What the exercise asks ▸
When you reach the line containing "execution_response : Tag" in the data below, begin returning lines exactly as written, and stop once the line containing "pub rm_portal : World → Text → World" has been returned.

Material to process ▸
-- ===== src/Session/Extended/Portals/Execute.antt =====
-- `on_execute`: the Execute message of the extended protocol.
use exa_postgres_interface.Base.{
  Bool, true, false, not, ◌||◌, Option, none, some, if◌then◌else◌, Result, ok, err, PgError,
}
use exa_postgres_interface.Base.Text.{Text, codes, text_eq}
use exa_postgres_interface.Crates.{Crates}
use exa_postgres_interface.Cursor.{pg_error}
use exa_postgres_interface.Session.{Database, Client, Responses}
use exa_postgres_interface.Session.Extended.{Decoding, Portal}
use exa_postgres_interface.Session.Extended.Portals.{Tag, Response, Encoding, execute_response}

-- What the crate pgwire does for a connection: its state and its store of portals, and the sending of
-- an answer, which may fail. `set_in_progress` and `set_ready` are `set_state`; the last three are
-- `set_transaction_status` of the status that follows the present one; `default_name` is `DEFAULT_NAME`.
pub data Outgoing (QueryResponse : Type 0) : Type 0 where
  empty_query_response : Outgoing QueryResponse
  query_response : QueryResponse → (send_describe : Bool) → Outgoing QueryResponse
  execution_response : Tag → Outgoing QueryResponse
  error_response : PgError → Outgoing QueryResponse

pub record Wire (QueryResponse : Type 0) : Type 1 where
  pub World : Type 0
  pub default_name : Text
  pub is_ready : World → Bool
  pub set_in_progress : World → World
  pub set_ready : World → World
  pub get_portal : World → Text → Option Portal
  pub rm_portal : World → Text → World
  pub send : World → Outgoing QueryResponse → World × Result (Unit {0})
  pub to_in_transaction : World → World
  pub to_idle : World → World
  pub to_error : World → World

-- `PgWireError`, as far as the handler makes one.
pub data Executed : Type 0 where
  done not_ready_for_query : Executed
  portal_not_found : Text → Executed
  failed : PgError → Executed

abbrev pub is_query : {Q : Type 0} → Response Q → Bool
is_query (Response.query _) = true
is_query _ = false

module _ {Q : Type 0} (wire : Wire Q) where
  abbrev sent_then :
      wire.World → Outgoing Q → (wire.World → wire.World) → wire.World × Result (Unit {0})
  sent_then w message f =
      let (w', answer) = wire.send w message in
      elim answer [ err e ↦ (w', err e) | ok _ ↦ (f w', ok tt) ]

  -- The `match` on the response.
  unfoldable pub send_response : wire.World → Response Q → Bool → wire.World × Result (Unit {0})
  send_response w Response.empty_query send_describe = wire.send w Outgoing.empty_query_response
  send_response w (Response.query results) send_describe =
      wire.send w (Outgoing.query_response results send_describe)
  send_response w (Response.execution tag) send_describe =
      wire.send w (Outgoing.execution_response tag)
  send_response w (Response.transaction_start tag) send_describe =
      sent_then w (Outgoing.execution_response tag) wire.to_in_transaction
  send_response w (Response.transaction_end tag) send_describe =
      sent_then w (Outgoing.execution_response tag) wire.to_idle
  send_response w (Response.error e) send_describe =
      sent_then w (Outgoing.error_response e) wire.to_error
  send_response w Response.copy send_describe =
      (w, err (pg_error (codes "0A000") (codes "COPY protocol is not implemented")))

module _ {k : Crates} {db : Database k} (encoding : Encoding k) (d : Decoding)
    (execute_statement : Client db → Text → Option (Client db × Responses k))
    (wire : Wire encoding.QueryResponse) where
  -- The message names a portal, or means the default one.
  unfoldable pub on_execute :
      Client db → wire.World → Option Text → Option (Client db × wire.World × Executed)
  unfolding execute_response send_response
  on_execute client w message_name =
      let portal_name : Text = elim message_name [ none ↦ wire.default_name | some name ↦ name ] in
      elim (not (wire.is_ready w)) [
        | true ↦ some (client, w, Executed.not_ready_for_query)
        | false ↦ elim (wire.get_portal w portal_name) [
          | none ↦ some (client, w, Executed.portal_not_found portal_name)
          | some portal ↦
              let w' = wire.set_in_progress w in
              elim (execute_response encoding d execute_statement client portal portal_name) [
                | none ↦ none
                | some (client', was_described, answer) ↦ elim answer [
                  | err e ↦ some (client', w', Executed.failed e)
                  | ok response ↦
                      let send_describe = not (is_query response) || not was_described in
                      let (w'', sent) = send_response wire w' response send_describe in
                      elim sent [
                        | err e ↦ some (client', w'', Executed.failed e)
                        | ok _ ↦
                            let ready = wire.set_ready w'' in
                            some (
                              client',
                              (if text_eq portal_name wire.default_name
                                  then wire.rm_portal ready portal_name
                                  else ready),
                              Executed.done,
                            )
                      ]
                ]
              ]
        ]
      ]
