-- ===== src/Session/Extended/Portals/Once.antt =====
-- Describe and Execute of a portal run its statement once.
use exa_postgres_interface.Base.{
  true, Option, none, some, Option-cases, Result, ok, err, Result-cases, inl, inr, List, ◌≡◌, refl,
  ap, ◌∙◌,
}
use exa_postgres_interface.Base.Maps.{insert, remove, insert_same}
use exa_postgres_interface.Base.Text.{Text}
use exa_postgres_interface.Crates.{Crates}
use exa_postgres_interface.Session.{GatewayResponse, Database, SessionState, Client, Responses}
use exa_postgres_interface.Session.Types.{FieldInfo}
use exa_postgres_interface.Session.Extended.{Decoding, Portal}
use exa_postgres_interface.Session.Extended.Parameters.{render_portal_sql}
use exa_postgres_interface.Session.Extended.Portals.{
  Encoding, try_from, pop_or_empty, cache_extended_result, take_cached_extended_result,
  do_describe_portal, execute_response,
}

abbrev pub world_of : {k : Crates} {db : Database k} → Option (SessionState db) → Option db.World
world_of none = none
world_of (some s) = some s.exasol

module _ {k : Crates} {db : Database k} (encoding : Encoding k) (d : Decoding)
    (execute_statement : Client db → Text → Option (Client db × Responses k)) where
  -- Behind a Describe that succeeds: the statement answered with a response of the fields described,
  -- and Execute gives that response, as one described, without the statement and without a change
  -- of the database.
  abbrev pub IsReplayed : Client db → Portal → Option (Client db × Result (List FieldInfo)) → Type 0
  IsReplayed client portal none = Unit {0}
  IsReplayed client portal (some (client', err e)) = Unit {0}
  IsReplayed client portal (some (client', ok described)) =
      (sql : Text) × (before : Client db) × (responses : List (GatewayResponse k)) × (after : Client
        db)
      × (render_portal_sql d portal ≡ ok sql)
      × (execute_statement client sql ≡ some (before, ok responses))
      × (described ≡ encoding.fields (pop_or_empty responses))
      × (execute_response encoding d execute_statement client' portal portal.name
          ≡ some (after, true, try_from encoding (pop_or_empty responses)))
      × (world_of after.session ≡ world_of before.session)

-- Describe runs the statement of a portal, and Execute behind it answers with what that run gave.
pub execute_response-do_describe_portal :
    {k : Crates} {db : Database k} (encoding : Encoding k) (d : Decoding)
    (execute_statement : Client db → Text → Option (Client db × Responses k)) (client : Client db)
    (portal : Portal)
    → IsReplayed encoding d execute_statement client portal
        (do_describe_portal encoding d execute_statement client portal)
unfolding do_describe_portal cache_extended_result execute_response take_cached_extended_result
execute_response-do_describe_portal encoding d execute_statement client portal =
    elim (Result-cases (render_portal_sql d portal)) [
      | inr (x, e) ↦ rw (e, do_describe_portal) tt
      | inl (sql, e) ↦ elim (Option-cases (execute_statement client sql)) [
        | inl stuck ↦ rw (e, do_describe_portal) (rw stuck tt)
        | inr ((before, answer), ran) ↦ elim (Result-cases answer) [
          | inr (x, f) ↦ rw (e, do_describe_portal) (rw ran (rw f tt))
          | inl (responses, f) ↦ elim (Option-cases before.session) [
            | inl out ↦ rw (e, do_describe_portal) (rw ran (rw f (rw out tt)))
            | inr (s, login) ↦
                rw (e, do_describe_portal)
                  (rw ran (
                    rw f (
                      rw login (
                        sql,
                        before,
                        responses,
                        record before {
                          session = some (record s {
                            extended_results =
                                remove portal.name
                                  (insert portal.name (pop_or_empty responses) s.extended_results);
                          });
                        },
                        e,
                        ran ∙ ap (λ a. some (before, a)) f,
                        refl,
                        rw (
                          insert_same portal.name (pop_or_empty responses) s.extended_results,
                          execute_response,
                        ),
                        rw login,
                      ))))
          ]
        ]
      ]
    ]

Expected answer ▸
  execution_response : Tag → Outgoing QueryResponse
  error_response : PgError → Outgoing QueryResponse

pub record Wire (QueryResponse : Type 0) : Type 1 where
  pub World : Type 0
  pub default_name : Text
  pub is_ready : World → Bool
  pub set_in_progress : World → World
  pub set_ready : World → World
  pub get_portal : World → Text → Option Portal
  pub rm_portal : World → Text → World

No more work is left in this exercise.